O primeiro choque foi ver o Ministério Público Federal no Rio Grande do Sul encampar tal causa. O segundo, foram as ultrajantes decisões judiciais contra a investida do MPF-RS.

A Procuradoria da República em Rio Grande interpôs uma ação civil pública (2009.71.01.001049-6) no dia 9 de junho de 2009 contra a Fundação Universidade Federal do Rio Grande - Furg para impedir a medonha política do Hospital Universitário Dr.
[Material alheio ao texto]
-- ===== src/Presets/Receiver/Collects.antt =====
-- What `finish_file` collects is what the calls say.
use wrac_plugin_template.Prelude.{
  Bool, true, false, not, ◌||◌, if◌then◌else◌, List, [], ◌∷◌, ◌++◌, append_assoc, append-nil,
  Option, none, some, ◌≡◌, refl, sym, ap, ap₂, ◌∙◌, arith,
}
use wrac_plugin_template.Prelude.Text.{Text}
use wrac_plugin_template.Presets.{PresetEntry}
use wrac_plugin_template.Presets.Receiver.{
  Call, on_error, begin_preset, add_plugin_id, set_soundpack_id, set_flags, add_creator,
  set_description, set_timestamps, add_feature, add_extra_info, Pending, Receiver, is_for,
  unless_empty, amend, new_entry, fresh_pending, receive, receive_all, kept, finish_file,
}
use wrac_plugin_template.Presets.Receiver.Groups.{
  details, creators_in, features_in, ids_in, all_of, any_for, is_none, described, entry_at,
  entries_of,
}

abbrev amended : Text → List Call → Pending → Pending
amended plugin [] p = p
amended plugin (c ∷ calls) p = amended plugin calls (amend plugin c p)

abbrev outcome : Text → List Call → Pending → Pending
outcome plugin calls p = record {
  entry = described p.entry calls;
  saw_any_plugin_id = p.saw_any_plugin_id || not (is_none (all_of ids_in calls));
  matched_plugin_id = p.matched_plugin_id || any_for plugin (all_of ids_in calls);
}

or_false : (b : Bool) → b ≡ (b || false)
or_false b = ground arith

or_true : (b : Bool) → true ≡ (b || true)
or_true b = ground arith

or_swap : (a b c : Bool) → ((a || b) || c) ≡ (b || (a || c))
or_swap a b c = ground arith

amended-outcome :
    (plugin : Text) (calls : List Call) (p : Pending)
    → amended plugin calls p ≡ outcome plugin calls p
unfolding amend
amended-outcome plugin [] p = λ i. record {
  entry = record p.entry {
    creators = sym (append-nil p.entry.creators) i;
    features = sym (append-nil p.entry.features) i;
  };
  saw_any_plugin_id = or_false p.saw_any_plugin_id i;
  matched_plugin_id = or_false p.matched_plugin_id i;
}
amended-outcome plugin (on_error ∷ calls) p = amended-outcome plugin calls p
amended-outcome plugin (begin_preset name key ∷ calls) p = amended-outcome plugin calls p
amended-outcome plugin (add_plugin_id none ∷ calls) p = amended-outcome plugin calls p
amended-outcome plugin (add_extra_info ∷ calls) p = amended-outcome plugin calls p
amended-outcome plugin (set_flags flags ∷ calls) p = amended-outcome plugin calls _
amended-outcome plugin (set_timestamps c m ∷ calls) p = amended-outcome plugin calls _
amended-outcome plugin (set_soundpack_id none ∷ calls) p = amended-outcome plugin calls p
amended-outcome plugin (set_soundpack_id (some id) ∷ calls) p = amended-outcome plugin calls _
amended-outcome plugin (set_description none ∷ calls) p = amended-outcome plugin calls p
amended-outcome plugin (set_description (some d) ∷ calls) p = amended-outcome plugin calls _
amended-outcome plugin (add_plugin_id (some id) ∷ calls) p =
    amended-outcome plugin calls (amend plugin (add_plugin_id (some id)) p) ∙ λ i. record {
      entry = described p.entry calls;
      saw_any_plugin_id = or_true p.saw_any_plugin_id i;
      matched_plugin_id =
          or_swap (is_for plugin id) p.matched_plugin_id (any_for plugin (all_of ids_in calls)) i;
    }
amended-outcome plugin (add_creator c ∷ calls) p =
    amended-outcome plugin calls (amend plugin (add_creator c) p) ∙ λ i.
    record (outcome plugin calls p) {
      entry = record (described p.entry calls) {
        creators = append_assoc p.entry.creators (unless_empty c) (all_of creators_in calls) i;
      };
    }
amended-outcome plugin (add_feature f ∷ calls) p =
    amended-outcome plugin calls (amend plugin (add_feature f) p) ∙ λ i.
    record (outcome plugin calls p) {
      entry = record (described p.entry calls) {
        features = append_assoc p.entry.features (unless_empty f) (all_of features_in calls) i;
      };
    }

abbrev keep : Pending → List PresetEntry
keep p = if not p.saw_any_plugin_id || p.matched_plugin_id then p.entry ∷ [] else []

keep-amended :
    (r : Receiver) (name key : Option Text) (calls : List Call)
    → keep (amended r.plugin_id (details calls) (fresh_pending r name key))
      ≡ entry_at r (begin_preset name key) calls
keep-amended r name key calls =
    ap keep (amended-outcome r.plugin_id (details calls) (fresh_pending r name key))
    ∙ ap
        (λ b.
          if b || any_for r.plugin_id (all_of ids_in (details calls))
          then described (new_entry r name key) (details calls) ∷ []
          else [])
        (not_not (is_none (all_of ids_in (details calls))))
  where
    not_not : (b : Bool) → not (not b) ≡ b
    not_not b = ground arith

-- The presets after the calls, where `p` was begun last before them.
kept-all :
    (r : Receiver) (calls : List Call) (p : Pending) (ps : List Pending)
    → kept (receive_all (record r { pending = p ∷ ps }) calls).pending
      ≡ kept ps ++ (keep (amended r.plugin_id (details calls) p) ++ entries_of r calls)
unfolding kept receive details
kept-all r [] p ps = ap (◌++◌ (kept ps)) (sym (append-nil (keep p)))
kept-all r (begin_preset name key ∷ calls) p ps =
    kept-all r calls (fresh_pending r name key) (p ∷ ps)
    ∙ append_assoc (kept ps) (keep p) (
        keep (amended r.plugin_id (details calls) (fresh_pending r name key)) ++ entries_of r calls)
    ∙ ap (λ (l : List PresetEntry). kept ps ++ (keep p ++ (l ++ entries_of r calls)))
        (keep-amended r name key calls)
kept-all r (on_error ∷ calls) p ps = kept-all r calls p ps
kept-all r (add_plugin_id x ∷ calls) p ps =
    kept-all r calls (amend r.plugin_id (add_plugin_id x) p) ps
kept-all r (set_soundpack_id x ∷ calls) p ps =
    kept-all r calls (amend r.plugin_id (set_soundpack_id x) p) ps
kept-all r (set_flags x ∷ calls) p ps = kept-all r calls (amend r.plugin_id (set_flags x) p) ps
kept-all r (add_creator x ∷ calls) p ps = kept-all r calls (amend r.plugin_id (add_creator x) p) ps
kept-all r (set_description x ∷ calls) p ps =
    kept-all r calls (amend r.plugin_id (set_description x) p) ps
kept-all r (set_timestamps x y ∷ calls) p ps =
    kept-all r calls (amend r.plugin_id (set_timestamps x y) p) ps
kept-all r (add_feature x ∷ calls) p ps = kept-all r calls (amend r.plugin_id (add_feature x) p) ps
kept-all r (add_extra_info ∷ calls) p ps = kept-all r calls p ps

pub kept-first :
    (r : Receiver) (calls : List Call)
    → kept (receive_all (record r { pending = [] }) calls).pending ≡ entries_of r calls
unfolding kept receive
kept-first r [] = refl
kept-first r (begin_preset name key ∷ calls) =
    kept-all r calls (fresh_pending r name key) []
    ∙ ap (λ (l : List PresetEntry). l ++ entries_of r calls) (keep-amended r name key calls)
kept-first r (on_error ∷ calls) = kept-first r calls
kept-first r (add_plugin_id x ∷ calls) = kept-first r calls
kept-first r (set_soundpack_id x ∷ calls) = kept-first r calls
kept-first r (set_flags x ∷ calls) = kept-first r calls
kept-first r (add_creator x ∷ calls) = kept-first r calls
kept-first r (set_description x ∷ calls) = kept-first r calls
kept-first r (set_timestamps x y ∷ calls) = kept-first r calls
kept-first r (add_feature x ∷ calls) = kept-first r calls
kept-first r (add_extra_info ∷ calls) = kept-first r calls

receive-collected : (r : Receiver) (c : Call) → (receive r c).collected ≡ r.collected
unfolding receive
receive-collected r (begin_preset name key) = refl
receive-collected r on_error = refl
receive-collected r (add_plugin_id x) = refl
receive-collected r (set_soundpack_id x) = refl
receive-collected r (set_flags x) = refl
receive-collected r (add_creator x) = refl
receive-collected r (set_description x) = refl
receive-collected r (set_timestamps x y) = refl
receive-collected r (add_feature x) = refl
receive-collected r add_extra_info = refl

receive_all-collected :
    (r : Receiver) (calls : List Call) → (receive_all r calls).collected ≡ r.collected
receive_all-collected r [] = refl
receive_all-collected r (c ∷ calls) =
    receive_all-collected (receive r c) calls ∙ receive-collected r c

-- When a file is finished, of which a provider has said whatever it likes in whatever order, the
-- presets are added that name no plugin or this one, as they were begun, each with the last soundpack,
-- description, flags and times and with all creators and features that were said of it; what is said
-- before the first preset is ignored.
pub finish_file-Collects :
    (r : Receiver) (calls : List Call)
    → (finish_file (receive_all (record r { pending = [] }) calls)).collected
      ≡ r.collected ++ entries_of r calls
unfolding finish_file
finish_file-Collects r calls =
    ap₂ (λ (x y : List PresetEntry). x ++ y)
      (receive_all-collected (record r { pending = [] }) calls) (kept-first r calls)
Miguel Riet Corrêa Jr. de impor a presença de estudantes de Medicina nos atendimentos médicos, mesmo quando o paciente se demonstre desconfortável com tal prática; o caso prático da ação é uma gestante de alto risco que se sentiu constrangida com a presença de um bando de gente que não é médica olhando suas partes íntimas.

O que se segue é a legítima exposição dos quadros da dor na Pinacoteca dos Horrores. Primeiro, temos a sentença do sr. Rafael Wolff. Trechos dessa beleza:
No caso em tela, contudo não constato que o atendimento médico em hospital universitário, feito com a presença de estudantes de graduação ou de médico residentes, sob a supervisão, respectivamente, de professores e preceptores, possa violar o direito à intimidade dos pacientes.

Nesse sentido, afigura-se imprescindível para o deslinde da presente demanda a diferenciação entre o constrangimento e a quebra da intimidade, porquanto o primeiro é sentimento de ordem subjetiva, o qual nem sempre é decorrência da objetiva violação à vida privada, caracterizadora do segundo item.
Sr. Wolff, privacidade não é exatemente igual a tratamento de dados! Privacidade é habilidade que cada ser humano tem em controlar o fluxo de informações que lhe diz respeito, e isso inclui o poder de impedir tal fluxo. Agora, se tais informações estão a salvo por terceiros, não quer dizer que não houve a violação de privacidade. Quanto ao segundo item, eu tenho uma ideia: que tal tu fazeres um exame de próstata observado por mais pessoas do que seu urologista e me dizer se isto é constrangedor ou não.
 
Depois, Wolff vem e cita o Código de Ética Médica:
Logo, o fato de algum paciente, eventualmente, sentir-se constrangido em ser assistido por um estudante não implica dizer que sua intimidade esteja sendo devassada, até porque o atendimento prestado é feito sob o manto protetivo do sigilo profissional, o qual é garantido por diversos dispositivos do Código de Ética Médica, aprovado pela Resolução CFM n° 1.246, de 08 de janeiro de 1988, em especial os seguintes:
Grandes coisa o Código de Ética Médica. O que está em discussão aqui não é a capacidade de manutenção de sigilo por parte de estudantes de Medicina. A discussão é sobre a liberdade do paciente em decidir quem acompanhará o procedimento médico. Então, Wolff, tuas inúmeras citações são irrelevantes ao caso, nada mais são do que uma tentativa de desvio de tópico em conjunto com a mais pura encheção de linguiça. Assim é encheção de linguiça a citação da Resolução 663/75 do Conselho Federal de Medicina, que diz o seguinte:
CONSIDERANDO que o estudante de Medicina deve ter a oportunidade de participar, sob supervisão, de atos e procedimentos médicos para atingir sua execução num grau de eficiência e perfeição desejada;
Wolff, oportunidade não é obrigação! E o negócio não para por aí:
Assim, entendo que o estudante de medicina, ao atender um paciente ou participar de um procedimento, ainda que tenha por escopo o aprendizado médico, já está a atuar regrado pelas mesmas normas éticas que balizam o exercício da medicina, de sorte que não se pode presumir pela existência de risco de divulgação de dados íntimos do paciente, como presumido no depoimento de fl. 23 deste feito.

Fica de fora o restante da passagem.